An analysis of positive PGI-I responses explored the relationship between PGI-I and monthly migraine headache days (the primary efficacy measure ) using conditional expectation. Positive PGI-I responses were defined as “very much better” and “much better.” The analysis translated the difference in the primary efficacy measure (monthly migraine headache days for months 1–6) between treatment groups into the difference in the positive PGI-I response rate (month 6), resulting in a measure of clinical importance (improvement in symptoms) that allowed comparison of treatment benefit. The estimated positive PGI-I response rate in month 6 was calculated as the conditional expectation E[Y120 − Y0|(− 1)[X120 − X0] = Δ] for GMB 120 mg, and E[Y240 − Y0|( − 1)[X240 − X0] = Δ] for GMB 240 mg. Y0, Y120, and Y240 are the positive PGI-I response rates at month 6 for PBO, GMB 120 mg, and GMB 240 mg, respectively. X0, X120, and X240 are overall changes from baseline in monthly migraine headache days (average of months 1–6) for PBO, GMB 120 mg, and GMB 240 mg, respectively. Δ is the prespecified difference in monthly migraine headache days between GMB 120 mg (or GMB 240 mg) and PBO. For computational purposes, we set Δ as integer values. For GMB 120 mg, monthly migraine headache days were reduced on average by 3.0 per month vs. PBO ; therefore, Δ was set at 3. For GMB 240 mg, monthly migraine headache days were reduced on average by 2.8 per month vs. PBO ; therefore, Δ was set at 2 or 3. The 95% confidence intervals (CIs) for this analysis were generated using a nonparametric Monte Carlo bootstrap (1000 replications). This analysis was previously used for the tadalafil benign prostatic hyperplasia new drug application in Japan .

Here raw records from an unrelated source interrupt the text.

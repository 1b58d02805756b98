-- ===== src/Prelude/Texts.antt =====
-- Texts put one behind the other with their lengths, so that they can be read again: the form in which the
-- tests give a library's messages.
use primihub.Prelude.{
  ℕ, zero, suc, ◌≡◌, refl, ap, List, [], ◌∷◌, ◌++◌, Bytes, length, take, drop, take-append_length,
  drop-append_length,
}

abbrev put_text : Bytes → Bytes → Bytes
put_text b r = length b ∷ (b ++ r)

abbrev put_texts : List Bytes → Bytes
put_texts [] = []
put_texts (b ∷ r) = put_text b (put_texts r)

abbrev get_texts : ℕ → Bytes → List Bytes
get_texts zero s = []
get_texts (suc n) [] = []
get_texts (suc n) (k ∷ s) = take k s ∷ get_texts n (drop k s)

abbrev pub put_list : List Bytes → Bytes
put_list xs = length xs ∷ put_texts xs

abbrev pub get_list : Bytes → List Bytes
get_list [] = []
get_list (n ∷ s) = get_texts n s

get_texts-put_texts : (xs : List Bytes) → get_texts (length xs) (put_texts xs) ≡ xs
get_texts-put_texts [] = refl
get_texts-put_texts (b ∷ r) =
    rw (take-append_length b (put_texts r), drop-append_length b (put_texts r))
      (ap (λ (l : List Bytes). b ∷ l) (get_texts-put_texts r))

pub get_list-put_list : (xs : List Bytes) → get_list (put_list xs) ≡ xs
get_list-put_list xs = get_texts-put_texts xs
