-- ===== src/Dataset/Tests.antt =====
-- Runs and instances for src/primihub/service/dataset and src/primihub/node/ds.cc.
use primihub.Prelude.{
  ◌==◌, ℕ, zero, suc, ◌≡◌, refl, ap, ◌∙◌, inr, Option, none, some, List, [], ◌∷◌, map, Bytes, codes,
  success,
}
use primihub.Prelude.Texts.{get_list, put_list, get_list-put_list}
use primihub.Dataset.Register.{update_keeps_old}
use primihub.Dataset.{
  JsonValue, JsonObject, text, number, json_field, Meta, Seen, Library, MetaInfo, Service,
  find_duplicate, made, meta_of, sees, new_dataset, update_dataset, get_meta,
}
use primihub.Prelude.Dict.{lookup}

abbrev seen : Seen
seen = record {
  driver_type = codes "CSV";
  nodelet_addr = codes "n0";
  data_url = codes "x.csv";
  schema = (codes "c", 9) ∷ (codes "d", 24) ∷ [];
  num_rows = 5;
}

-- A library that writes an entry as two texts, and a field as one.
abbrev value_text : JsonValue → Bytes
value_text (text b) = 0 ∷ b
value_text (number n) = 1 ∷ n ∷ []

abbrev text_value : Bytes → JsonValue
text_value (suc k ∷ n ∷ r) = number n
text_value (zero ∷ b) = text b
text_value _ = text []

text_value-value_text : (v : JsonValue) → text_value (value_text v) ≡ v
text_value-value_text (text b) = refl
text_value-value_text (number n) = refl

abbrev object_texts : JsonObject → List Bytes
object_texts [] = []
object_texts ((key, v) ∷ r) = key ∷ value_text v ∷ object_texts r

abbrev texts_object : List Bytes → JsonObject
texts_object (key ∷ v ∷ r) = (key, text_value v) ∷ texts_object r
texts_object _ = []

texts_object-object_texts : (o : JsonObject) → texts_object (object_texts o) ≡ o
texts_object-object_texts [] = refl
texts_object-object_texts ((key, v) ∷ r) = cc (text_value-value_text v, texts_object-object_texts r)

abbrev parse : Bytes → Option JsonObject
parse [] = none
parse (n ∷ s) = some (texts_object (get_list (n ∷ s)))

abbrev field_text : JsonObject → Bytes
field_text ((name, number type) ∷ r) = type ∷ name
field_text _ = []

abbrev text_field : Bytes → JsonObject
text_field (type ∷ name) = json_field (name, type)
text_field _ = []

text_field-field_text :
    (l : List (Bytes × ℕ)) → map text_field (map field_text (map json_field l)) ≡ map json_field l
text_field-field_text [] = refl
text_field-field_text ((name, type) ∷ r) =
    ap (λ (o : List JsonObject). json_field (name, type) ∷ o) (text_field-field_text r)

-- A driver is the text of its access information, and each sees the same data.
abbrev library : Library Bytes
library = record {
  create_driver = λ i. made i.access_info i.access_info;
  read_meta = λ d. sees seen;
  dump = λ o. put_list (object_texts o);
  parse = parse;
  dump_array = λ os. put_list (map field_text os);
  parse_array = λ s. some (map text_field (get_list s));
  unset = 77;
  parse_dump = λ o. (
    o,
    ap some (ap texts_object (get_list-put_list (object_texts o)) ∙ texts_object-object_texts o),
    λ k. refl,
  );
  parse_empty = refl;
  parse_dump_array = λ l. ap some (
      ap (map text_field) (get_list-put_list (map field_text (map json_field l)))
      ∙ text_field-field_text l);
}

abbrev info : MetaInfo
info = record {
  id = codes "d";
  driver_type = codes "CSV";
  access_info = codes "x.csv";
  schema = (codes "c", 1) ∷ [];
}

abbrev no_datasets : Service Bytes
no_datasets = record { driver_manager = []; storage = [] }

abbrev url : Bytes
url = codes "n0:x.csv"

abbrev found : Meta
found = record {
  id = codes "d";
  data_url = url;
  server_meta = codes "n0";
  access_meta = codes "x.csv";
  description = codes "d";
  visibility = 0;
  driver_type = codes "CSV";
  data_type = 0;
  schema = (codes "c", 9) ∷ (codes "d", 23) ∷ [];
  total_records = 77;
}

-- A service with older metadata for the same id.
abbrev one_dataset : Service Bytes
one_dataset = record {
  driver_manager = [];
  storage = (codes "d", put_list (codes "id" ∷ (0 ∷ codes "d") ∷ [])) ∷ [];
}

update_keeps_old_example :
    (k : Service Bytes) × (new_dataset library info update_dataset one_dataset
      ≡ (record { ret_code = success; ret_msg = []; dataset_url = url }, k))
    × ((j : Bytes) → get_meta library j k ≡ get_meta library j one_dataset)
unfolding find_duplicate lookup meta_of ◌==◌
update_keeps_old_example =
    update_keeps_old library info update_dataset (codes "x.csv") (codes "x.csv") seen
      (put_list (codes "id" ∷ (0 ∷ codes "d") ∷ [])) one_dataset (inr refl) refl refl refl refl
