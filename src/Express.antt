-- ===== src/Express.antt =====
-- src/primihub/executor/express.{h,cc}: arithmetic expressions over the columns of three parties.
pub mod Parse
pub mod Grammar
pub mod Characters
pub mod Pending
pub mod RoundTrip
pub mod Value
pub mod Evaluate
pub mod Rows
pub mod Local
pub mod Mpc
pub mod Agree
pub mod Refine
pub mod Check
pub mod Config
pub mod Resolve
pub mod Feed
pub mod Fed
pub mod Imported
pub mod Mode
pub mod Tokens
pub mod Copy
pub mod Tests
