-- ===== src/Express/Agree.antt =====
-- src/primihub/executor/express.cc: `runMPCEvaluate` reveals what `runLocalEvaluate` computes from the
-- columns of all parties.
use primihub.Prelude.{
  ℕ, ◌≡◌, refl, sym, ap, ◌∙◌, ◌≢◌, ◌⊎◌, inl, inr, true, false, Option, none, some, List, [], ◌∷◌,
  arith, Option-cases, Bytes,
}
use primihub.Express.Value.{
  Number, TokenValue, column, constant, remote, shared, zip_columns, map_column, calculate,
}
use primihub.Express.Grammar.{Operator, add, sub, mul, div}
use primihub.Express.Value.{local_calculate}
use primihub.Express.Mpc.{mpc_calculate, MpcOperator, share_of, constant_of, on_shares}

module _ {V : Type 0} where
  map_column-same :
      (f g : V → V) (xs : List V) → ((x : V) → f x ≡ g x) → map_column f xs ≡ map_column g xs
  unfolding map_column
  map_column-same f g [] h = refl
  map_column-same f g (x ∷ xs) h = cc (h x, map_column-same f g xs h)

module _ {V Share : Type 0} (n : Number V) (op : MpcOperator n Share) where
  -- The value in the clear.
  abbrev pub opened : TokenValue V Share → TokenValue V Share
  opened (column xs) = column xs
  opened (constant c) = constant c
  opened (remote s) = column (op.owner_column s)
  opened (shared s) = column (op.reveal s)

  -- What one party that had all columns would take for a token.
  abbrev pub open_tokens :
      (Bytes → Option (TokenValue V Share)) → Bytes → Option (TokenValue V Share)
  open_tokens create s = elim (create s) [ none ↦ none | some v ↦ some (opened v) ]

  value-cases :
      (v : TokenValue V Share)
      → ((c : V) × (constant_of n op v ≡ some c) × (opened v ≡ constant c))
        ⊎ ((a : Share) × (constant_of n op v ≡ none)
            × (share_of n op v ≡ some a)
            × (opened v ≡ column (op.reveal a)))
  unfolding constant_of share_of
  value-cases (column xs) =
      inr (op.local_shares xs, refl, refl, ap column (sym (op.reveal-local xs)))
  value-cases (constant c) = inl (c, refl, refl)
  value-cases (remote s) =
      inr (op.remote_shares s, refl, refl, ap column (sym (op.reveal-remote s)))
  value-cases (shared s) = inr (s, refl, refl, refl)

  calculate-columns :
      (f left right : V → V → V) (xs ys : List V) (u : TokenValue V Share)
      → calculate f left right (column xs) (column ys) ≡ some u
      → (zs : List V) × (zip_columns f xs ys ≡ some zs) × (u ≡ column zs)
  unfolding calculate
  calculate-columns f left right xs ys u e = elim (Option-cases (zip_columns f xs ys)) [
    | inl z ↦ absurd (ground (arith, e, z))
    | inr (zs, z) ↦ (zs, z, ground (arith, e, z))
  ]

  on_shares-calculate :
      (f left right : V → V → V) (both : Share → Share → Share)
      (with_left with_right : V → Share → Share) (v w u : TokenValue V Share)
      → ((a b : Share) (zs : List V)
          → zip_columns f (op.reveal a) (op.reveal b) ≡ some zs
          → op.reveal (both a b) ≡ zs)
      → ((c : V) (a : Share)
          → opened w ≡ column (op.reveal a)
          → op.reveal (with_left c a) ≡ map_column (left c) (op.reveal a))
      → ((c : V) (a : Share)
          → opened w ≡ constant c
          → op.reveal (with_right c a) ≡ map_column (λ x. right x c) (op.reveal a))
      → calculate f left right (opened v) (opened w) ≡ some u
      → (s : Share) × (on_shares n op both with_left with_right v w ≡ some (shared s))
        × (u ≡ column (op.reveal s))
  unfolding calculate on_shares
  on_shares-calculate f left right both with_left with_right v w u hb hl hr e =
      elim (value-cases v) [
        | inl (c, cv, ov) ↦ elim (value-cases w) [
          | inl (d, cw, ow) ↦ absurd (ground (arith, e, ov, ow))
          | inr (b, cw, sw, ow) ↦
              (with_left c b, ground (arith, cv, sw), ground (arith, e, ov, ow, hl c b ow))
        ]
        | inr (a, cv, sv, ov) ↦ elim (value-cases w) [
          | inl (d, cw, ow) ↦
              (with_right d a, ground (arith, cv, sv, cw), ground (arith, e, ov, ow, hr d a ow))
          | inr (b, cw, sw, ow) ↦
              let e2 : calculate f left right (column (op.reveal a)) (column (op.reveal b))
                  ≡ some u =
                rw (sym ov, sym ow) e in
              let (zs, z, uz) = calculate-columns f left right (op.reveal a) (op.reveal b) u e2 in
              (both a b, ground (arith, cv, sv, cw, sw), cc (uz, hb a b zs z))
        ]
      ]

  -- What the local executor calculates, on columns of which the shares hold, without division.
  pub mpc_calculate-local_calculate :
      (rows : ℕ) (o : Operator) (v w u : TokenValue V Share)
      → o ≢ div
      → local_calculate n o (opened v) (opened w) ≡ some u
      → (s : Share) × (mpc_calculate n op rows o v w ≡ some (shared s)) × (u ≡ column (op.reveal s))
  unfolding local_calculate mpc_calculate
  mpc_calculate-local_calculate rows add v w u d e =
      on_shares-calculate n.plus n.plus (λ x c. n.plus c x) op.mpc_add op.mpc_add_const
        op.mpc_add_const v w u op.reveal-add (λ c a ow. op.reveal-add_const c a)
        (λ c a ow. op.reveal-add_const c a) e
  mpc_calculate-local_calculate rows sub v w u d e =
      on_shares-calculate n.minus n.minus n.minus op.mpc_sub (λ c b. op.mpc_sub_const c b false)
        (λ c a. op.mpc_sub_const c a true) v w u op.reveal-sub (λ c a ow. op.reveal-const_sub c a)
        (λ c a ow. op.reveal-sub_const c a) e
  mpc_calculate-local_calculate rows mul v w u d e =
      on_shares-calculate n.times n.times n.times op.mpc_dot_mul op.mpc_mul_const op.mpc_mul_const v
        w u op.reveal-dot_mul (λ c a ow. op.reveal-mul_const c a)
        (λ c a ow.
          op.reveal-mul_const c a
          ∙ map_column-same (n.times c) (λ x. n.times x c) (op.reveal a) (λ x. n.times_comm c x))
        e
  mpc_calculate-local_calculate rows div v w u d e = absurd (d refl)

Three analyses of the PSMQ-M data were conducted: a descriptive summary of each item (satisfaction, preference, and side effects) for months 1 and 6; a descriptive summary of the positive PSMQ-M responses in months 1 and 6; and a logistic regression analysis of the month 6 positive responses. Positive PSMQ-M responses were defined as follows: for satisfaction, reports of “somewhat satisfied” or “very satisfied”; for preference, reports of “much prefer study medication” or “prefer study medication”; and for side effects, reports of “significantly less side effects” or “less side effects” than their previous medication. The logistic regression model included the categorical effects of treatment and baseline number of monthly migraine headache days (< 8, ≥ 8).
No adjustments for multiplicity were made among arms, time points, and analyses. Significance was based on a two-sided alpha level of 0.05. All statistical analyses were performed using SAS® software version 9.4 (SAS Institute Inc., Cary, NC, USA).